My day starts at 10. I write eight hours a day. I work in the afternoon and have supper before going back to the computer to write until 11. In fact I wrote a first draft of a middle grade manuscript in four months for my literary agent. My agent has agreed to represent all of my books. I have a career!

My mother has sacrificed and dedicated her entire life to me. To the system, I was an unemployed statistic too disabled to be employed, but my mother put me through college—I have a Bachelor of Science degree in English with a writing minor from the University of Wisconsin-Stevens Point and a Liberal Arts degree from Madison College—and allowed me to live with her to pursue a writing career.

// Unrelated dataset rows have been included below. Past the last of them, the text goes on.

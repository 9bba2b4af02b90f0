-- ===== src/Examples/Programs.antt =====
-- A start and an end of the server with two workers, over sessions that only count.
use yuwibo_server.Prelude.{ℕ, ◌≡◌, ◌≤◌, ◌++◌, refl, true, false, List, [], ◌∷◌, some, ok}
use yuwibo_server.Server.{Srv}
use yuwibo_server.Server.Shutdown.{closed, Finishes, shutdown_lem}
use yuwibo_server.Server.{run}
use yuwibo_server.Program.{Answers, Entries, worker_count, Manager, launch, new_manager}
use yuwibo_server.Listener.{nothing_prepared}
use yuwibo_server.Program.Launching.{IsLaunched, Draws, listening, launch-IsLaunched}
use yuwibo_server.Examples.Workers.{counting, busy, stopping}

abbrev works : Answers
works = record { queue_fails = false; register_fails = false }

abbrev all_entries : Entries
all_entries = record {
  socket_entry = true;
  option_entry = true;
  bind_entry = true;
  listen_entry = true;
  accept_entry = true;
}

launch-IsLaunched_example :
    (m : Manager counting 0) × (launch counting 0 2
        (λ i. works)
        all_entries
        7777
        (new_manager counting 0)
      ≡ ok (some m))
    × IsLaunched counting 0 (λ i. works) (worker_count 2) m
    × (m.prepared ≡ listening counting 0 all_entries 7777 nothing_prepared)
    × (1 ≤ worker_count 2)
    × Draws counting 0 (worker_count 2) m
launch-IsLaunched_example =
    launch-IsLaunched counting 0 2 (λ i. works) all_entries 7777 (λ j h. refl) refl

shutdown_lem_example :
    (used : List ℕ) × (unused : List ℕ) × (v' : Srv counting) × (7 ∷ [] ≡ used ++ unused)
    × (run counting 0 (closed used) stopping ≡ ok (false, v'))
    × Finishes counting 0 busy v'
shutdown_lem_example = shutdown_lem counting 0 (7 ∷ []) busy stopping refl refl (λ e. cc) (refl, tt)
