-- ===== src/Session/Feeding.antt =====
-- The loop of Session::OnRecv that hands the received bytes to OpenSSL.
use mathlib.Core.Path.{ap₂}
use yuwibo_server.Prelude.{
  ℕ, zero, suc, ◌-◌, ◌≤◌, ◌<◌, ◌≡◌, ◌≢◌, refl, sym, ap, ◌∙◌, Bool, true, false, List, [], ◌∷◌, ◌++◌,
  some, arith, length, take, drop, set, get_elem?, get_elem?-set_same, take-append-drop,
  append_assoc, append-nil, length-drop, ◌==◌, ==_iff, Bool-cases, inl, inr, Outcome, add_size, leb,
  if◌then◌else◌, bind-Always, ok, Always, ok-Always, if-Always,
}
use yuwibo_server.Buffer.{Buffer, contents, on_read, read_at}
use yuwibo_server.Buffer.Laws.{IsValid, length-contents, read_at-slice}
use yuwibo_server.Buffer.Consuming.{on_read-Drops, get_stored_size_lem, get_read_buffer_lem}
use yuwibo_server.Tls.{Ssl}
use yuwibo_server.Session.{Uring, Conn, recv_buffer, set_recv_buffer, feed_tls}

-- Of a memory BIO that is written to: it takes some of the bytes that it is given, the first ones, and
-- keeps their order.
pub record IsSink {S : Type 0} (write : List ℕ → S → ℕ × S) : Type 0 where
  pub fed : S → List ℕ
  pub some_taken : (bytes : List ℕ) (st : S) → bytes ≢ [] → 1 ≤ (write bytes st).0
  pub bounded : (bytes : List ℕ) (st : S) → (write bytes st).0 ≤ length bytes
  pub takes :
      (bytes : List ℕ) (st : S) → fed (write bytes st).1 ≡ fed st ++ take (write bytes st).0 bytes

pub set-set : (xs : List Buffer) (i : ℕ) (a b : Buffer) → set (set xs i a) i b ≡ set xs i b
set-set [] i a b = refl
set-set (x ∷ xs) zero a b = refl
set-set (x ∷ xs) (suc i) a b = ap (λ ys. x ∷ ys) (set-set xs i a b)

on_read-keeps : (b : Buffer) (n : ℕ) → IsValid b → Always (λ b'. b'.bytes ≡ b.bytes) (on_read b n)
unfolding on_read
on_read-keeps b n v = rw v.free (
    bind-Always (if leb b.write_pos (add_size b.read_pos n) then _ else _)
      (if-Always (leb b.write_pos (add_size b.read_pos n)) (λ e. ok-Always refl)
        (λ e. ok-Always refl))
      (λ b' e. ok-Always e))

module _ (u : Uring) (ssl : Ssl) (W : Type 0) (k : IsSink ssl.bio_write) where
  -- All bytes of the receive buffer `id` went to OpenSSL, and nothing else changed.
  abbrev pub Feeds : ℕ → List ℕ → ℕ → Conn u ssl W → Outcome (Bool × Conn u ssl W) → Type 0
  Feeds id bytes size c out =
      (b' : Buffer) × (st : ssl.State) × (pool : List Buffer) × (out
        ≡ ok (true, record c { tls = st; pool = pool }))
      × (get_elem? pool id ≡ some b')
      × IsValid b'
      × (length b'.bytes ≡ size)
      × ((b : Buffer) → set pool id b ≡ set c.pool id b)
      × (k.fed st ≡ k.fed c.tls ++ bytes)
      × ((seen : ssl.State → ℕ)
          → ((bs : List ℕ) (t : ssl.State) → seen (ssl.bio_write bs t).1 ≡ seen t)
          → seen st ≡ seen c.tls)

  pub feed_tls_lem :
      (fuel id : ℕ) (c : Conn u ssl W) (b : Buffer)
      → get_elem? c.pool id ≡ some b
      → IsValid b
      → length (contents b) < fuel
      → Feeds id (contents b) (length b.bytes) c (feed_tls u ssl W fuel id c)
  unfolding feed_tls recv_buffer set_recv_buffer
  feed_tls_lem zero id c b here v h = absurd (omega arith)
  feed_tls_lem (suc fuel) id c b here v h = elim (Bool-cases (b.write_pos - b.read_pos == 0)) [
    | inl all ↦ (
      b,
      c.tls,
      c.pool,
      rw (here, get_stored_size_lem v, get_read_buffer_lem v, all) refl,
      here,
      v,
      refl,
      λ b'. refl,
      sym (append-nil (k.fed c.tls))
          ∙ ap (λ xs. k.fed c.tls ++ xs)
              (sym (no_bytes (contents b) (omega (arith, length-contents v, (==_iff _ 0).0 all)))),
      λ seen unseen. refl,
    )
    | inr more ↦
        let n : ℕ = (ssl.bio_write (contents b) c.tls).0 in
        let st : ssl.State = (ssl.bio_write (contents b) c.tls).1 in
        let taken : 1 ≤ n =
          k.some_taken (contents b) c.tls
            (λ e. some_left more (omega (arith, length-contents v, ap length e))) in
        let few : n ≤ length (contents b) = k.bounded (contents b) c.tls in
        let (b₂, dropped, v₂, left, low) =
          on_read-Drops {b = b} n v (omega (arith, few, length-contents v)) in
        let size : length b₂.bytes ≡ length b.bytes =
          ap length ((on_read-keeps b n v).of_result b₂ dropped) in
        let (b₃, st₃, pool, goes, there, v₃, size₃, same, fed, kept) =
          feed_tls_lem fuel id (record c { tls = st; pool = set c.pool id b₂ }) b₂
            (get_elem?-set_same c.pool id b b₂ here) v₂
            (omega (arith, ap length left, length-drop n (contents b), taken, few, h)) in
        (
          b₃,
          st₃,
          pool,
          rw
              (
                here,
                get_stored_size_lem v,
                get_read_buffer_lem v,
                more,
                all_read,
                not_zero taken,
                dropped,
              )
              goes,
          there,
          v₃,
          size₃ ∙ size,
          λ b'. same b' ∙ set-set c.pool id b₂ b',
          fed
              ∙ ap₂ (λ xs ys. xs ++ ys) (k.takes (contents b) c.tls) left
              ∙ append_assoc (k.fed c.tls) (take n (contents b)) (drop n (contents b))
              ∙ ap (λ xs. k.fed c.tls ++ xs) (take-append-drop n (contents b)),
          λ seen unseen. kept seen unseen ∙ unseen (contents b) c.tls,
        )
  ]
    where
      no_bytes : (xs : List ℕ) → length xs ≡ 0 → xs ≡ []
      no_bytes [] h = refl
      no_bytes (x ∷ xs) h = absurd (omega arith)

      some_left : {n : ℕ} → (n == 0) ≡ false → n ≡ 0 → ⊥
      some_left h e = ground arith

      not_zero : {n : ℕ} → 1 ≤ n → (n == 0) ≡ false
      not_zero h = ground arith

      all_read : read_at b.bytes b.read_pos (b.write_pos - b.read_pos) ≡ some (contents b)
      all_read = read_at-slice b.bytes b.read_pos (b.write_pos - b.read_pos) (omega arith)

But in recent years my mother has become forgetful and is having trouble caring for me. I have home health care, which allows me to live at home and have care attendants come each day to get me out of bed. My mother can’t get me out of bed anymore.

Under the current system, I am able to hire and fire attendants. A care agency screens and recruits job applicants for open shifts and the client interviews the applicant for the job. Clients have the final say about who takes care of them. A client and a care attendant need to trust each other.

But attendants come and go like the wind and some are better than others. Every time a care attendant leaves me, I have to start over. It leaves a hole in my heart. I’m lucky that I don’t need much care. Some clients have catheters, respirators, pumps or feeding tubes, requiring specialized, trained, reliable attendants.

I have been lucky to have good care attendants, which has allowed me to write two manuscripts in the past two years. In February one of my best care attendants left me for a better paying job at a nursing home. I really liked her. We were together for two years and became friends. It hurt me, but I understood.

The current system needs more revenue, not less, to pay care attendants a decent hourly wage. How does the state expect care attendants to make a living on $11 an hour only working 40 hours a week? That’s why there is a high turnover rate of care attendants. People see care work as the bottom of the career ladder. Every care attendant that I had wants to be a nurse or some other profession.

Care attendants should earn $15 an hour, have a two-week paid vacation and five paid sick days a year. Why not let the client review an attendant’s attendance and performance each year? The longer an attendant stays with a client they should be given a raise. All that attendants want is to be treated with respect and make a living. 

Lives are in jeopardy. The disabled deserve better.